Although I strongly disagree with almost everything you've said (I mean, if you can't tell home made pasta from frozen... mama mia! have an Indonesian cigar for after dinner!) I appreciate and respect your gentlemanly form of expression.
KP
Although I strongly disagree with almost everything you've said (I mean, if you can't tell home made pasta from frozen... mama mia! have an Indonesian cigar for after dinner!) I appreciate and respect your gentlemanly form of expression.
KP
Hah. :) No worries.
The point I was trying to make is how you think about the food, impacts your enjoyment of it, even if the taste and texture are exactly the same.
It would be like winning a new car and you love it, but then you find out it had almost been written off as a loss because so many things broke during factory testing so they got it fixed and gave it away. It's the same car you were just in love with, but now because you think of it as a cast off, you subconsciously consider it inferior to another car of the same model.
The mind plays funny games with us in just about everything our senses experience. What you think of what you're listening to, eating, drinking, smelling, feeling, has a powerful effect on your perception of it, more than people realize.

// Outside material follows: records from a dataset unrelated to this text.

-- ===== src/OnlineWebhook.antt =====
-- web/service/online_webhook.go: the push of the online addresses to another service. It reads the settings
-- (Settings.antt) and a snapshot of GetIPsByEmail (OnlineIps.antt). The parsers of URLs and addresses, the
-- name lookup, sort.Strings, the host's name, the HMAC and the HTTP client are parameters; what the client
-- was asked to send comes back beside the result. A tick runs undisturbed.
mod Difference
pub mod Pushed
use nexcore_x_ui.Prelude.{
  ℕ, String, Bool, true, false, not, ◌&&◌, ◌||◌, Option, none, some, List, [], ◌∷◌, map, str_eq,
  ◌==◌, if◌then◌else◌, leb, ltb, any, length,
}
use nexcore_x_ui.Prelude.Text.{trim_space}
use nexcore_x_ui.Prelude.Maps.{Map, lookup}
use nexcore_x_ui.Exec.{
  Err, webhook_url_missing, webhook_url_rejected, webhook_failed, Result, ok, err,
}
use nexcore_x_ui.Table.{Table}
use nexcore_x_ui.Table.Schemas.{settings_schema}
use nexcore_x_ui.Settings.{Env, SettingStore, get_string}

-- The tests of net.IP.
pub record Ip : Type 0 where
  pub is_loopback : Bool
  pub is_unspecified : Bool
  pub is_multicast : Bool
  pub is_link_local_unicast : Bool
  pub is_link_local_multicast : Bool
  pub is_private : Bool

-- The scheme, in lower case, and the host of a URL.
pub record Url : Type 0 where
  pub scheme : String
  pub host : String

abbrev pub Online : Type 0
Online = Map (List String)

pub record Payload : Type 0 where
  pub node_id : String
  pub ts : ℕ
  pub online : Online

pub record Post : Type 0 where
  pub url : String
  pub body : Payload
  pub signature : Option String

pub record World : Type 0 where
  pub parse_url : String → Option Url
  pub parse_ip : String → Option Ip
  pub lookup_ip : String → Option (List Ip)
  pub sort_strings : List String → List String
  pub hostname : Option String
  pub sign : String → Payload → String
  -- The status of the answer, `none` for an error of building or of sending the request.
  pub send_post : Post → Option ℕ

-- Whether forbiddenIPReason gives a reason.
unfoldable pub is_forbidden_ip : Ip → Bool
is_forbidden_ip ip =
    ip.is_loopback
    || (ip.is_unspecified
        || (ip.is_multicast
            || ((ip.is_link_local_unicast || ip.is_link_local_multicast) || ip.is_private)))

abbrev pub resolved : Option (List Ip) → Option (List Ip)
resolved none = none
resolved (some []) = none
resolved (some (ip ∷ ips)) = some (ip ∷ ips)

-- The addresses of a host: itself, or what the lookup finds, which must be something.
abbrev pub literal_or_resolved : World → String → Option Ip → Option (List Ip)
literal_or_resolved w host (some ip) = some (ip ∷ [])
literal_or_resolved w host none = resolved (w.lookup_ip host)

abbrev pub addresses : World → String → Option (List Ip)
addresses w host = literal_or_resolved w host (w.parse_ip host)

abbrev pub all_allowed : Option (List Ip) → Bool
all_allowed none = false
all_allowed (some ips) = not (any is_forbidden_ip ips)

abbrev pub is_web : String → Bool
is_web scheme = str_eq scheme "http" || str_eq scheme "https"

abbrev pub is_valid_url : World → Option Url → Bool
is_valid_url w none = false
is_valid_url w (some u) =
    is_web u.scheme && (not (str_eq u.host "") && all_allowed (addresses w u.host))

-- validateWebhookURL, true for no error.
unfoldable pub validate_webhook_url : World → String → Bool
unfolding is_forbidden_ip
validate_webhook_url w raw = is_valid_url w (w.parse_url (trim_space raw))

unfoldable pub equal_sorted_strings : List String → List String → Bool
equal_sorted_strings [] [] = true
equal_sorted_strings [] (b ∷ bs) = false
equal_sorted_strings (a ∷ xs) [] = false
equal_sorted_strings (a ∷ xs) (b ∷ bs) = str_eq a b && equal_sorted_strings xs bs

abbrev pub differs : List String → Option (List String) → Bool
differs ips none = true
differs ips (some prev) = not (equal_sorted_strings prev ips)

abbrev pub some_differ : Online → Online → Bool
some_differ last [] = false
some_differ last ((email, ips) ∷ current) =
    differs ips (lookup email last) || some_differ last current

unfoldable pub has_diff : Online → Online → Bool
unfolding equal_sorted_strings
has_diff last current = not (length current == length last) || some_differ last current

unfoldable pub snapshot : World → Online → Online
snapshot w [] = []
snapshot w ((email, ips) ∷ raw) = (email, w.sort_strings ips) ∷ snapshot w raw

abbrev host_or_unknown : Option String → String
host_or_unknown none = "unknown-node"
host_or_unknown (some h) = if str_eq h "" then "unknown-node" else h

abbrev pub is_accepted : Option ℕ → Result (Unit {0})
is_accepted none = err webhook_failed
is_accepted (some status) = if leb 200 status && ltb status 300 then ok tt else err webhook_failed

module _ (settings : Table settings_schema) (env : Env) where
  pub record Webhook : Type 0 where
    pub store : SettingStore settings
    pub last_sent : Online
    pub resolved_node_id : String

  -- A value that a failed read leaves at "".
  abbrev pub value_or_empty : Result String → String
  value_or_empty (ok v) = v
  value_or_empty (err e) = ""

  abbrev pub named : World → String → Webhook → String × Webhook
  named w id s =
      if not (str_eq id "")
      then (id, s)
      else if not (str_eq s.resolved_node_id "")
      then (s.resolved_node_id, s)
      else (host_or_unknown w.hostname, record s { resolved_node_id = host_or_unknown w.hostname })

  -- GetOnlineWebhookUrl and the like.
  unfoldable pub read_setting : String → Webhook → Result String × Webhook
  unfolding get_string
  read_setting key s =
      let (v, st) = get_string settings env key s.store in (v, record s { store = st })

  unfoldable pub node_id : World → Webhook → String × Webhook
  unfolding read_setting
  node_id w s = let (id, t) = read_setting "onlineWebhookNodeId" s in named w (value_or_empty id) t

  abbrev pub signature : World → String → Payload → Option String
  signature w secret body = if str_eq secret "" then none else some (w.sign secret body)

  abbrev pub push : World → Post → Webhook → Result (Unit {0}) × Option Post × Webhook
  push w p s = (is_accepted (w.send_post p), some p, s)

  abbrev pub send_valid :
      World → String → ℕ → Online → Webhook → Result (Unit {0}) × Option Post × Webhook
  send_valid w url now snap s =
      let (id, t) = node_id w s in
      let (secret, u) = read_setting "onlineWebhookSecret" t in
      let body : Payload = record { node_id = id; ts = now; online = snap } in
      push w
        (record { url = url; body = body; signature = signature w (value_or_empty secret) body }) u

  unfoldable pub send :
      World → String → ℕ → Online → Webhook → Result (Unit {0}) × Option Post × Webhook
  unfolding validate_webhook_url node_id read_setting
  send w url now snap s =
      if validate_webhook_url w url
      then send_valid w url now snap s
      else (err webhook_url_rejected, none, s)

  abbrev pub sent : Online → Result (Unit {0}) × Option Post × Webhook → Option Post × Webhook
  sent current (ok x, p, s) = (p, record s { last_sent = current })
  sent current (err e, p, s) = (p, s)

  abbrev pub tick_url : World → ℕ → Online → Result String × Webhook → Option Post × Webhook
  tick_url w now raw (err e, s) = (none, s)
  tick_url w now raw (ok url, s) =
      let current = snapshot w raw in
      if str_eq url "" || not (has_diff s.last_sent current)
      then (none, s)
      else sent current (send w url now current s)

  -- `raw` is what GetIPsByEmail returns.
  unfoldable pub tick : World → ℕ → Online → Webhook → Option Post × Webhook
  unfolding read_setting snapshot has_diff send
  tick w now raw s = tick_url w now raw (read_setting "onlineWebhookUrl" s)

  abbrev pub send_to :
      World → ℕ → Online → Result String × Webhook → Result (Unit {0}) × Option Post × Webhook
  send_to w now raw (err e, s) = (err e, none, s)
  send_to w now raw (ok url, s) =
      if str_eq url ""
      then (err webhook_url_missing, none, s)
      else send w url now (snapshot w raw) s

  unfoldable pub send_now : World → ℕ → Online → Webhook → Result (Unit {0}) × Option Post × Webhook
  unfolding read_setting snapshot send
  send_now w now raw s = send_to w now raw (read_setting "onlineWebhookUrl" s)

I cannot disagree with that: "we sell the sizzle not the steak," but that is a generality.
KP

It's not about convincing yourself they are all the same. It's about realizing that an amplifier shouldn't change the signal, just accurately amplify the input signal unmolested. Realizing that a $1,000 headphone amp isn't going to sound more real and make sound more accurate than a $100 one. It might make it sound different but if that's your goal buy an equalizer.
Audio signals are not difficult to amplify, they don't need much bandwidth, and even dirt cheap Chinese components don't alter the SNR or THD in any audible way. The biggest variable in an audio pipeline from source, to preamp, to power amp, to cabling, is the speaker or headphone.
While perhaps an amplifier shouldn't change the signal, it very often does change the signal.
Since you mentioned Bob W. Carver in a positive light, I'll let him explain his view on this in his own words:
"What I’m going to say will fly in the face of what most people believe.
I believe that you can take two solid-state amplifiers, and provided neither one is overloaded in any fashion, they’ll sound identical.
That’s a big if.
Amplifiers are overloaded in three basic ways. They’re overloaded in amplitude; they’ve overloaded in current; they’re overloaded in speed.
It’s very easy to do this if you don’t have a big juicy amplifier.
Obviously a little Radio Shack amplifier is not going to be able to touch a big Jeff Rowland or a Mark Levinson or a Sunfire amplifier.
Provided the amplifier has flat frequency response and sufficiently low distortion, both of which are trivial these days, and provided there are no interface problems,
the differences will always be the subtle differences associated with overload, either momentarily, like slew-rate limiting or clipping, or just running out of drive current."
- 'AIG Talks with Bob Carver', audio ideas guide, April 26, 1996

With headphones like that you will not need an amp. Use a well designed amp and DAC (E17 is fine) and you'll be getting 99.99% of the maximum performance.